Poster Presentation Australian Diabetes Society and the Australian Diabetes Educators Association Annual Scientific Meeting 2014

Real World Clinical Use of Vildagliptin with or without Metformin in a Large Multiethnic Population with Type 2 Diabetes Mellitus: GUARD Study (#314)

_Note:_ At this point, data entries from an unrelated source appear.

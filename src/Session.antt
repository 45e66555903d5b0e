-- ===== src/Session.antt =====
-- backend/src/core/session.py: the datasets of a session, the files that the sandbox reads, and the
-- namespace of the runtime (`load_dataset` of backend/src/core/tools/daemon.py). A dataset has a
-- frame of any type; what pandas makes of a frame that is written and read is given. `writes` says how
-- many of the writes of a call succeed before one raises; one that raises leaves its file as it was.
-- Catalogs and profiles are left out.
pub mod Invariant
pub mod Removal
pub mod Writes
pub mod Consistency
use wizard_w.Prelude.{
  ◌<>◌, ℕ, String, Bool, true, false, ◌&&◌, ◌||◌, leb, List, [], ◌∷◌, Option, none, some,
  if◌then◌else◌, ◌==◌, string_eq,
}
use wizard_w.Prelude.Dict.{Dict, lookup, insert, erase}
use wizard_w.Prelude.Text.{Text, codes, text_eq}
use wizard_w.TableKey.{table_key}
use wizard_w.DataMode.{DataPolicy, forget}

pub record DatasetHandle (Frame : Type 0) : Type 0 where
  pub name : String
  pub df : Frame
  pub source_format : Text
  pub loaded_at : ℕ
  pub origin : String

-- What comes back of a frame that is written as Feather, with columns as text where it must be, and of
-- one that is written as CSV.
pub record Transport (Frame : Type 0) : Type 0 where
  pub feather : Frame → Frame
  pub csv : Frame → Frame

-- What `dataset.feather` holds: Feather, or the CSV of a dataset that has this name.
pub data Stored (Frame : Type 0) : Type 0 where
  as_feather as_csv : Frame → Stored Frame

-- The workspace: `files` holds the CSV `<name>` of each dataset and `dataset.csv`, `tables` holds
-- `tables/<key>.feather`, and `dataset` is `dataset.feather`. Each has the frame that is read back.
pub record Workspace (Frame : Type 0) : Type 0 where
  pub files : Dict String Frame
  pub tables : Dict Text Frame
  pub dataset : Option (Stored Frame)

-- `df` and `tables` in the namespace of a runtime.
pub record Namespace (Frame : Type 0) : Type 0 where
  pub df : Option Frame
  pub tables : Dict Text Frame

pub record Session (Frame : Type 0) : Type 0 where
  pub id : String
  pub created_at : ℕ
  pub last_seen : ℕ
  pub datasets : Dict String (DatasetHandle Frame)
  pub active_dataset : Option String
  pub data_policy : DataPolicy
  pub workspace : Workspace Frame
  pub runtime : Option (Namespace Frame)

abbrev pub new_session : {Frame : Type 0} → String → DataPolicy → ℕ → Session Frame
new_session id policy now = record {
  id = id;
  created_at = now;
  last_seen = now;
  datasets = [];
  active_dataset = none;
  data_policy = policy;
  workspace = record { files = []; tables = []; dataset = none };
  runtime = none;
}

abbrev pub is_none : Option String → Bool
is_none none = true
is_none (some name) = false

abbrev pub is_name : String → Option String → Bool
is_name name none = false
is_name name (some other) = other == name

module _ {Frame : Type 0} where
  unfoldable pub touch : ℕ → Session Frame → Session Frame
  touch now s = record s { last_seen = now }

  unfoldable pub active_handle : Session Frame → Option (DatasetHandle Frame)
  active_handle s = elim s.active_dataset [ none ↦ none | some name ↦ lookup name s.datasets ]

  -- `load_dataset` of the daemon: the tables are read anew, and `df` from the first file that can be
  -- read. No part of the program writes the `dataset.parquet` that it looks for in between.
  unfoldable pub load_dataset : Workspace Frame → Namespace Frame → Namespace Frame
  load_dataset w ns =
      let from_csv : Option Frame = elim (lookup "dataset.csv" w.files) [
        | some frame ↦ some frame
        | none ↦ ns.df
      ] in
      record {
        df = elim w.dataset [
          | some (as_feather frame) ↦ some frame
          | some (as_csv frame) ↦ from_csv
          | none ↦ from_csv
        ];
        tables = w.tables;
      }

  -- `executor.reload_dataset`, which does nothing where no runtime was started.
  unfoldable pub reload_dataset : Session Frame → Session Frame
  unfolding load_dataset
  reload_dataset s = elim s.runtime [
    | none ↦ s
    | some ns ↦ record s { runtime = some (load_dataset s.workspace ns) }
  ]

  -- `df.to_csv(workspace / name)`
  unfoldable pub write_csv : Transport Frame → String → Frame → Workspace Frame → Workspace Frame
  write_csv tr name df w =
      if name == "dataset.feather"
      then record w { dataset = some (as_csv (tr.csv df)) }
      else record w { files = insert name (tr.csv df) w.files }

  -- `_materialize`
  unfoldable pub materialize :
      Transport Frame → ℕ → DatasetHandle Frame → Bool → Workspace Frame → Workspace Frame
  unfolding write_csv
  materialize tr writes handle is_active w0 =
      let w1 : Workspace Frame =
        if leb 1 writes then write_csv tr handle.name handle.df w0 else w0 in
      let w2 : Workspace Frame =
        if leb 2 writes
        then record w1 { tables = insert (table_key handle.name) (tr.feather handle.df) w1.tables }
        else w1 in
      let w3 : Workspace Frame =
        if is_active && leb 3 writes
        then record w2 { dataset = some (as_feather (tr.feather handle.df)) }
        else w2 in
      if is_active && leb 4 writes then write_csv tr "dataset.csv" handle.df w3 else w3

  unfoldable pub add_dataset :
      Transport Frame → ℕ → String → Frame → Text → Bool → ℕ → Session Frame → Session Frame
  unfolding touch materialize
  add_dataset tr writes name df source_format make_active now s =
      let handle : DatasetHandle Frame = record {
        name = name;
        df = df;
        source_format = source_format;
        loaded_at = now;
        origin = "";
      } in
      let active : Option String =
        if make_active || is_none s.active_dataset then some name else s.active_dataset in
      record s {
        datasets = insert name handle s.datasets;
        active_dataset = active;
        last_seen = now;
        workspace = materialize tr writes handle (is_name name active) s.workspace;
      }

  unfoldable pub set_active : Transport Frame → ℕ → String → Session Frame → Bool × Session Frame
  unfolding materialize reload_dataset
  set_active tr writes name s = elim (lookup name s.datasets) [
    | none ↦ (false, s)
    | some handle ↦ (
      true,
      reload_dataset (record s {
        active_dataset = some name;
        workspace = materialize tr writes handle true s.workspace;
      }),
    )
  ]

  abbrev pub first_name : Dict String (DatasetHandle Frame) → Option String
  first_name [] = none
  first_name ((name, handle) ∷ d) = some name

  -- The files that are deleted with a dataset: `<name>` and `<name>.feather`, and its table.
  unfoldable pub unlinked : String → Text → Workspace Frame → Workspace Frame
  unlinked name key w = record {
    files = erase (name <> ".feather") (erase name w.files);
    tables = erase key w.tables;
    dataset = if name == "dataset" || name == "dataset.feather" then none else w.dataset;
  }

  unfoldable pub remove_dataset : String → Session Frame → Bool × Session Frame
  unfolding reload_dataset unlinked
  remove_dataset name s = elim (lookup name s.datasets) [
    | none ↦ (false, s)
    | some handle ↦
        let rest = erase name s.datasets in
        (
          true,
          reload_dataset (record s {
            datasets = rest;
            active_dataset =
                if is_name name s.active_dataset then first_name rest else s.active_dataset;
            data_policy = forget s.data_policy name;
            workspace = unlinked name (table_key handle.name) s.workspace;
          }),
        )
  ]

Reynaldo Rosales 1 , Elizabeth Abou Jaoude 2 , Monira Al-Arouj 3 , Asher Fawwad 4 , Abbas Orabi 5 , Parag Shah 6 , Shelley DiTommaso 7 , Julius A Vaz 8 , Zafar A Latif 9
  1. St. Luke’s Medical Center, Quezon City, Philippines
  2. Middle East Institute of Health, Bsalim, Lebanon
  3. Dasman Diabetes Institute, Dasman, Kuwait
  4. Baqai Institute of Diabetology & Endocrinology, Baqai Medical University, Karachi, Pakistan
  5. Zagazig University, Zagazig-Sharkia, Egypt
  6. Gujarat Endocrine Centre, Ahmedabad, India
  7. Novartis Pharma AG, Basel, Switzerland
  8. Novartis Healthcare Pvt. Ltd., Hyderabad, India
  9. Ibrahim Memorial Diabetes Centre, BIRDEM Hospital, Dhaka, Bangladesh

GUARD was a multinational, prospective, non-interventional study evaluating the clinical effectiveness, safety and tolerability of vildagliptin or vildagliptin + metformin as part of routine care for 24 weeks in adult patients with type 2 diabetes mellitus (T2DM) (drug-naive or treated with an oral antidiabetic [OAD] agent). Patients were enrolled from countries in Asia, the Middle East, Central America and Africa. Primary endpoint: change in HbA1c from baseline until Week 24; secondary assessments: proportion of patients reaching HbA1c ≤7.0%; change in body weight and BMI from baseline; and safety (including hypoglycaemic events).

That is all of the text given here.